Saved entries:
-- ===== src/Kafka/Batch/Request.antt =====
-- The batches that Kafka's encoding writes are accepted, and counted
-- (crates/shard-stream-kafka/src/batch.rs).
use shard_stream.Prelude.{
  ℕ, zero, suc, ◌+◌, ◌-◌, ◌^◌, ◌<◌, ◌≡◌, inl, inr, refl, ap, sym, ◌∙◌, Option, none, some, List, [],
  ◌∷◌, ◌++◌, length, arith, le→ltb, lt→ltb, gt→ne, length-append, append_assoc, usize_mod,
}
use shard_stream.Prelude.Bytes.{Bytes}
use shard_stream.Prelude.Results.{Result, ok}
use shard_stream.Engine.Model.{ProducerIdentity}
use shard_stream.Kafka.Record.{ResponseError, Compression}
use shard_stream.Kafka.Batch.{
  ProducerMode, unknown, Scan, inspect_batches, inspected_producer, inspect_record_batches,
}
use shard_stream.Kafka.Record.Accepts.{records_bytes}
use shard_stream.Kafka.Batch.Writer.{Writer, Batch, mode_of, IsWriter, Fits, Joins}
use shard_stream.Kafka.Batch.Round.{
  size_of, batch_head, batch_bytes, request_bytes, IsBatch, round-batch,
}

-- How many records the batches have.
abbrev pub total : List Batch → ℕ
total [] = 0
total (b ∷ bs) = length b.records + total bs

abbrev pub AreBatches : List Batch → Type 0
AreBatches [] = Unit {0}
AreBatches (b ∷ bs) = IsBatch b × AreBatches bs

Fits-part :
    (writer : Option Writer) (first m n : ℕ) → Fits writer first (m + n) → Fits writer first m
Fits-part none first m n h = tt
Fits-part (some writer) first m n h = omega (arith, h)

Fits-rest :
    (writer : Option Writer) (first m n : ℕ) → Fits writer first (m + n) → Fits writer (first + m) n
Fits-rest none first m n h = tt
Fits-rest (some writer) first m n h = omega (arith, h)

lengths :
    (records before bytes after : Bytes)
    → records ≡ before ++ (bytes ++ after)
    → length records ≡ length before + (length bytes + length after)
lengths records before bytes after e =
    ap length e
    ∙ length-append before (bytes ++ after)
    ∙ ap (λ n. length before + n) (length-append bytes after)

length-batch_bytes :
    (crc : Bytes → ℕ) (writer : Option Writer) (first : ℕ) (b : Batch)
    → length (batch_bytes crc writer first b) ≡ 12 + size_of b
unfolding batch_bytes
length-batch_bytes crc writer first b =
    omega (arith, length-append (batch_head crc writer first b) (records_bytes 0 b.records))

request_bytes-cons :
    (crc : Bytes → ℕ) (writer : Option Writer) (first : ℕ) (b : Batch) (bs : List Batch)
    → request_bytes crc writer first (b ∷ bs)
      ≡ batch_bytes crc writer first b ++ request_bytes crc writer (first + length b.records) bs
unfolding request_bytes
request_bytes-cons crc writer first b bs = refl

request_bytes-nil :
    (crc : Bytes → ℕ) (writer : Option Writer) (first : ℕ) → request_bytes crc writer first [] ≡ []
unfolding request_bytes
request_bytes-nil crc writer first = refl

abbrev scanned : ℕ → ℕ → ProducerMode → Result ResponseError Scan
scanned cursor count mode = ok (record { cursor = cursor; record_count = count; producer = mode })

same_scan :
    {a b c d : ℕ} {m n : ProducerMode} → a ≡ b → c ≡ d → m ≡ n → scanned a c m ≡ scanned b d n
same_scan p q r = λ i. scanned (p i) (q i) (r i)

module _ (crc : Bytes → ℕ) (decompress : Compression → Bytes → Option Bytes)
    (small : (bytes : Bytes) → crc bytes < 2 ^ 32) (writer : Option Writer)
    (is : IsWriter writer) where
  -- What the loop carries when a batch is behind it.
  abbrev passed : (origin first : ℕ) → Batch → Scan → Scan
  passed origin first b t = record {
    cursor = t.cursor + (12 + size_of b);
    record_count = t.record_count + length b.records;
    producer = mode_of writer origin (first + length b.records);
  }

  pass_batch :
      (fuel : ℕ) (records before after : Bytes) (t : Scan) (origin first : ℕ) (b : Batch)
      → records ≡ before ++ (batch_bytes crc writer first b ++ after)
      → length records < usize_mod
      → t.cursor ≡ length before
      → IsBatch b
      → Fits writer first (length b.records)
      → Joins writer origin first t.producer
      → t.record_count + length b.records < 2 ^ 32
      → inspect_batches crc decompress records (suc fuel) t
        ≡ inspect_batches crc decompress records fuel (passed origin first b t)
  unfolding inspect_batches
  pass_batch fuel records before after t origin first b e fits at batch sequences joins room =
      let long = lengths records before (batch_bytes crc writer first b) after e in
      rw
        (
          lt→ltb t.cursor (length records)
              (omega (arith, at, long, length-batch_bytes crc writer first b)),
          round-batch crc decompress small writer is records before after t origin first b e fits at
              batch sequences joins room,
        )
        refl

  stop :
      (fuel : ℕ) (records : Bytes) (t : Scan)
      → t.cursor ≡ length records
      → 0 < fuel
      → inspect_batches crc decompress records fuel t ≡ ok t
  unfolding inspect_batches
  stop zero records t e h = absurd (omega arith)
  stop (suc fuel) records t e h = rw (le→ltb t.cursor (length records) (omega (arith, e))) refl

  -- The loop over the batches that are left.
  loop-request :
      (fuel : ℕ) (records before : Bytes) (t : Scan) (origin first : ℕ) (b : Batch)
      (bs : List Batch)
      → records ≡ before ++ request_bytes crc writer first (b ∷ bs)
      → length records < usize_mod
      → length records - length before < fuel
      → t.cursor ≡ length before
      → AreBatches (b ∷ bs)
      → Fits writer first (total (b ∷ bs))
      → Joins writer origin first t.producer
      → t.record_count + total (b ∷ bs) < 2 ^ 32
      → inspect_batches crc decompress records fuel t
        ≡ ok (record {
          cursor = length records;
          record_count = t.record_count + total (b ∷ bs);
          producer = mode_of writer origin (first + total (b ∷ bs));
        })
  loop-request zero records before t origin first b bs e fits enough at are sequences joins room =
      absurd (omega (arith, enough))
  loop-request (suc fuel) records before t origin first b [] e fits enough at are sequences joins
        room =
      let bytes = batch_bytes crc writer first b in
      let rest = request_bytes crc writer (first + length b.records) [] in
      let e' = e ∙ ap (λ r. before ++ r) (request_bytes-cons crc writer first b []) in
      let long : length records ≡ length before + (12 + size_of b) =
        lengths records before bytes rest e'
        ∙ omega (
          arith,
          length-batch_bytes crc writer first b,
          ap length (request_bytes-nil crc writer (first + length b.records)),
        ) in
      pass_batch fuel records before rest t origin first b e' fits at are.0
        (Fits-part writer first (length b.records) 0 sequences) joins (omega (arith, room))
      ∙ stop fuel records (passed origin first b t) (omega (arith, long, at))
          (omega (arith, enough, long))
      ∙ same_scan (omega (arith, long, at)) (omega arith) (ap (mode_of writer origin) (omega arith))
  loop-request (suc fuel) records before t origin first b (c ∷ cs) e fits enough at are sequences
        joins room =
      let bytes = batch_bytes crc writer first b in
      let next = first + length b.records in
      let rest = request_bytes crc writer next (c ∷ cs) in
      let e' = e ∙ ap (λ r. before ++ r) (request_bytes-cons crc writer first b (c ∷ cs)) in
      let long = lengths records before bytes rest e' in
      let wide = length-batch_bytes crc writer first b in
      let at' : length (before ++ bytes) ≡ length before + (12 + size_of b) =
        length-append before bytes ∙ ap (λ n. length before + n) wide in
      pass_batch fuel records before rest t origin first b e' fits at are.0
        (Fits-part writer first (length b.records) (total (c ∷ cs)) sequences) joins
        (omega (arith, room))
      ∙ loop-request fuel records (before ++ bytes) (passed origin first b t) origin next c cs
          (e' ∙ sym (append_assoc before bytes rest)) fits (omega (arith, enough, long, wide, at'))
          (omega (arith, at, at')) are.1
          (Fits-rest writer first (length b.records) (total (c ∷ cs)) sequences) (inr refl)
          (omega (arith, room))
      ∙ same_scan refl (omega arith) (ap (mode_of writer origin) (omega arith))

-- The identity that the inspection reports.
abbrev pub producer_of : Option Writer → ℕ → Option ProducerIdentity
producer_of none first = none
producer_of (some writer) first = some (record {
  producer_id = writer.id;
  epoch = writer.epoch;
  first_sequence = first;
  event_id = none;
})

inspected_producer-mode_of :
    (writer : Option Writer) (first next : ℕ)
    → inspected_producer (mode_of writer first next) ≡ ok (producer_of writer first)
unfolding inspected_producer
inspected_producer-mode_of none first next = refl
inspected_producer-mode_of (some writer) first next = refl

-- The batches of a request that Kafka's encoding writes, without compression, for one producer with
-- contiguous sequences or for none, are accepted: the inspection counts their records, and reports
-- the producer and its first sequence.
pub inspect-request_bytes :
    (crc : Bytes → ℕ) (decompress : Compression → Bytes → Option Bytes)
    (small : (bytes : Bytes) → crc bytes < 2 ^ 32) (writer : Option Writer) (first : ℕ) (b : Batch)
    (bs : List Batch)
    → IsWriter writer
    → AreBatches (b ∷ bs)
    → Fits writer first (total (b ∷ bs))
    → total (b ∷ bs) < 2 ^ 32
    → length (request_bytes crc writer first (b ∷ bs)) < usize_mod
    → inspect_record_batches crc decompress (request_bytes crc writer first (b ∷ bs))
      ≡ ok (record { record_count = total (b ∷ bs); producer = producer_of writer first })
unfolding inspect_record_batches
inspect-request_bytes crc decompress small writer first b bs is are sequences room fits =
    let records = request_bytes crc writer first (b ∷ bs) in
    rw
      (
        loop-request crc decompress small writer is (suc (length records)) records []
              (record { cursor = 0; record_count = 0; producer = unknown }) first first b bs refl
              fits (omega arith) refl are sequences (inl (refl, refl)) (omega (arith, room))
            ∙ same_scan {d = total (b ∷ bs)} refl (omega arith) refl,
        gt→ne (total (b ∷ bs)) 0 (omega (arith, are.0.0)),
        inspected_producer-mode_of writer first (first + total (b ∷ bs)),
      )
      refl
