-- ===== src/Kafka/Record/Records.antt =====
-- The inspection of the records of a batch does not panic on any bytes
-- (crates/shard-stream-kafka/src/batch.rs).
use shard_stream.Prelude.{
  ℕ, zero, suc, not, ◌&&◌, Option, none, some, List, [], ◌∷◌, ltb, ◌==◌, length, take, drop,
  get_elem?, ◌/◌,
}
use shard_stream.Prelude.Bytes.{Bytes}
use shard_stream.Prelude.Integers.{ℤ, pos, negsuc, non_negative}
use shard_stream.Prelude.Maps.{option_eq}
use shard_stream.Prelude.Results.{
  Result, ok, err, panic, Any, Ensures, holds, fails, Ensures-bind, ok_or-Ensures, guard-Ensures,
  if-Ensures, Ensures-weaken,
}
use shard_stream.Kafka.Record.{
  ResponseError, corrupt_message, Compression, uncompressed, gzip, snappy, lz4, zstd, BatchHeader,
  take_bytes, read_byte, read_shifts, read_varint, read_varlong, varint_shifts, varlong_shifts,
  skip_length, skip_nullable_bytes, skip_headers, inspect_record, inspect_frames,
  validate_record_frames, as_corrupt, validate_decoded, validate_record_data, validate_as,
}

take_bytes-Ensures : (n : ℕ) (input : Bytes) → Ensures Any (take_bytes n input)
unfolding take_bytes
take_bytes-Ensures n input = if-Ensures (ltb (length input) n) (λ _. fails) (λ _. holds tt)

read_byte-Ensures : (input : Bytes) → Ensures Any (read_byte input)
unfolding read_byte
read_byte-Ensures input =
    Ensures-bind (take_bytes-Ensures 1 input)
      λ r _. Ensures-bind (ok_or-Ensures (get_elem? r.0 0) corrupt_message) λ _ _. holds tt

read_shifts-Ensures :
    (last top : ℕ) (shifts : List ℕ) (value : ℕ) (input : Bytes)
    → Ensures Any (read_shifts last top shifts value input)
unfolding read_shifts
read_shifts-Ensures last top [] value input = fails
read_shifts-Ensures last top (shift ∷ shifts) value input =
    Ensures-bind (read_byte-Ensures input) λ r _.
      Ensures-bind (guard-Ensures (not (shift == last && not (r.0 / top == 0))) corrupt_message)
        λ _ _.
          if-Ensures (r.0 / 128 == 0) (λ _. holds tt)
            (λ _. read_shifts-Ensures last top shifts _ r.1)

read_varint-Ensures : (input : Bytes) → Ensures Any (read_varint input)
unfolding read_varint
read_varint-Ensures input = read_shifts-Ensures 28 16 varint_shifts 0 input

read_varlong-Ensures : (input : Bytes) → Ensures Any (read_varlong input)
unfolding read_varlong
read_varlong-Ensures input = read_shifts-Ensures 63 2 varlong_shifts 0 input

skip_length-Ensures : (n : ℤ) (input : Bytes) → Ensures Any (skip_length n input)
unfolding skip_length
skip_length-Ensures (pos n) input = Ensures-bind (take_bytes-Ensures n input) λ _ _. holds tt
skip_length-Ensures (negsuc n) input = if-Ensures (n == 0) (λ _. holds tt) (λ _. fails)

skip_nullable_bytes-Ensures : (input : Bytes) → Ensures Any (skip_nullable_bytes input)
unfolding skip_nullable_bytes
skip_nullable_bytes-Ensures input =
    Ensures-bind (read_varint-Ensures input) λ r _. skip_length-Ensures r.0 r.1

skip_headers-Ensures : (left : ℕ) (input : Bytes) → Ensures Any (skip_headers left input)
unfolding skip_headers
skip_headers-Ensures zero input = holds tt
skip_headers-Ensures (suc left) input = Ensures-bind (read_varint-Ensures input) λ r _.
    Ensures-bind (ok_or-Ensures (non_negative r.0) corrupt_message) λ n _.
      Ensures-bind (take_bytes-Ensures n r.1) λ t _.
        Ensures-bind (skip_nullable_bytes-Ensures t.1) λ rest _. skip_headers-Ensures left rest

inspect_record-Ensures : (bytes : Bytes) (delta : ℕ) → Ensures Any (inspect_record bytes delta)
unfolding inspect_record
inspect_record-Ensures bytes delta = Ensures-bind (take_bytes-Ensures 1 bytes) λ a _.
    Ensures-bind (read_varlong-Ensures a.1) λ t _. Ensures-bind (read_varint-Ensures t.1) λ d _.
      Ensures-bind (guard-Ensures (option_eq ◌==◌ (non_negative d.0) (some delta)) corrupt_message)
        λ _ _. Ensures-bind (skip_nullable_bytes-Ensures d.1) λ k _.
          Ensures-bind (skip_nullable_bytes-Ensures k) λ v _.
            Ensures-bind (read_varint-Ensures v) λ h _.
              Ensures-bind (ok_or-Ensures (non_negative h.0) corrupt_message) λ n _.
                Ensures-bind (skip_headers-Ensures n h.1)
                  λ rest _. Ensures-weaken (guard-Ensures _ _)

inspect_frames-Ensures :
    (left expected : ℕ) (bytes : Bytes) → Ensures Any (inspect_frames left expected bytes)
unfolding inspect_frames
inspect_frames-Ensures zero expected bytes = holds tt
inspect_frames-Ensures (suc left) expected bytes = Ensures-bind (read_varint-Ensures bytes) λ r _.
    Ensures-bind (ok_or-Ensures (non_negative r.0) corrupt_message) λ n _.
      Ensures-bind (guard-Ensures (not (ltb (length r.1) n)) corrupt_message) λ _ _.
        Ensures-bind (inspect_record-Ensures (take n r.1) expected)
          λ _ _. inspect_frames-Ensures left (suc expected) (drop n r.1)

validate_record_frames-Ensures :
    (bytes : Bytes) (header : BatchHeader) → Ensures Any (validate_record_frames bytes header)
unfolding validate_record_frames
validate_record_frames-Ensures bytes header =
    Ensures-bind (inspect_frames-Ensures header.record_count 0 bytes)
      λ rest _. Ensures-weaken (guard-Ensures _ _)

as_corrupt-Ensures :
    (r : Result ResponseError (Unit {0})) → Ensures Any r → Ensures Any (as_corrupt r)
unfolding as_corrupt
as_corrupt-Ensures (ok u) h = holds tt
as_corrupt-Ensures (err e) h = fails
as_corrupt-Ensures panic h = h

validate_decoded-Ensures :
    (header : BatchHeader) (decoded : Option Bytes) → Ensures Any (validate_decoded header decoded)
unfolding validate_decoded
validate_decoded-Ensures header none = fails
validate_decoded-Ensures header (some bytes) =
    as_corrupt-Ensures _ (validate_record_frames-Ensures bytes header)

validate_as-Ensures :
    (decompress : Compression → Bytes → Option Bytes) (header : BatchHeader) (bytes : Bytes)
    (compression : Compression)
    → Ensures Any (validate_as decompress header bytes compression)
unfolding validate_as
validate_as-Ensures decompress header bytes uncompressed =
    validate_record_frames-Ensures bytes header
validate_as-Ensures decompress header bytes gzip =
    validate_decoded-Ensures header (decompress gzip bytes)
validate_as-Ensures decompress header bytes snappy =
    validate_decoded-Ensures header (decompress snappy bytes)
validate_as-Ensures decompress header bytes lz4 =
    validate_decoded-Ensures header (decompress lz4 bytes)
validate_as-Ensures decompress header bytes zstd =
    validate_decoded-Ensures header (decompress zstd bytes)

pub validate_record_data-Ensures :
    (decompress : Compression → Bytes → Option Bytes) (header : BatchHeader) (bytes : Bytes)
    → Ensures Any (validate_record_data decompress header bytes)
unfolding validate_record_data
validate_record_data-Ensures decompress header bytes =
    validate_as-Ensures decompress header bytes header.compression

Problem requirements:
Looking at the records above, in how many lines does the word "cons" occur? Reply with the number alone.

Response to this task:
4